Maglev
Personal note: I bought a printer recently and printed this research, making my own notes while deep-diving into a topic that fascinated me as a kid.
Fundamentals
Magnetic levitation relies on magnetic forces to counteract gravity without physical contact. Key principles include the Meissner effect—when a superconductor is cooled below its critical temperature, it expels internal magnetic fields, causing a magnet to levitate above it. In type-II superconductors, partial penetration of flux in discrete tubes leads to flux pinning (quantum locking), which can “lock” a superconducting object in space above a magnet.
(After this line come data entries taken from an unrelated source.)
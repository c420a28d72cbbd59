-- ===== src/Utf8/Tests.antt =====
-- A run of FindNextCharUtf8 (util/string_util.cpp) on a character of three bytes.
use aliyun_odps_sdk_cpp.Prelude.{[], ◌∷◌, Bytes}

abbrev str : Bytes
str = 97 ∷ 228 ∷ 189 ∷ 160 ∷ 98 ∷ []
Two primary maglev methods: electromagnetic suspension (EMS), with actively controlled electromagnets attracting the vehicle to a ferromagnetic track from below, and electrodynamic suspension (EDS), using superconducting magnets or induced currents for repulsion. EMS requires constant feedback control; EDS is intrinsically stable at operational speed with larger gaps. Diamagnetic levitation—materials like bismuth or graphite generating weak opposing fields—can levitate even a frog at ~10 Tesla.
Current state
Shanghai Transrapid runs ~30 km at 430 km/h. Japan’s SCMaglev (EDS) hit 603 km/h in testing; Chūō Shinkansen Tokyo–Nagoya is planned for 2027. China unveiled a 21 m HTS maglev prototype (620 km/h design, liquid nitrogen cooling). Beyond trains: magnetic bearings in turbopumps and flywheel storage, MRI scanners, magnetically levitated heart pumps (HeartMate 3). Hyperloop is essentially maglev in a low-pressure tube. Fusion tokamaks (ITER, SPARC) use enormous superconducting magnets to confine plasma; CFS’s 20 T HTS coil demo in 2021 was a milestone.
Barriers and outlook
Infrastructure cost is extreme (Tokyo–Nagoya ~$50B+). Maglev competes with high-speed rail and aviation; the sweet spot is routes where ultra-high speed beats air door-to-door. HTS materials and cryogenics are improving. By 2030 we may see net-energy fusion demos and more HTS maglev pilots. The common thread: removing physical constraints (friction, wear, gravity) with magnetic force to enable performance not possible with traditional mechanics.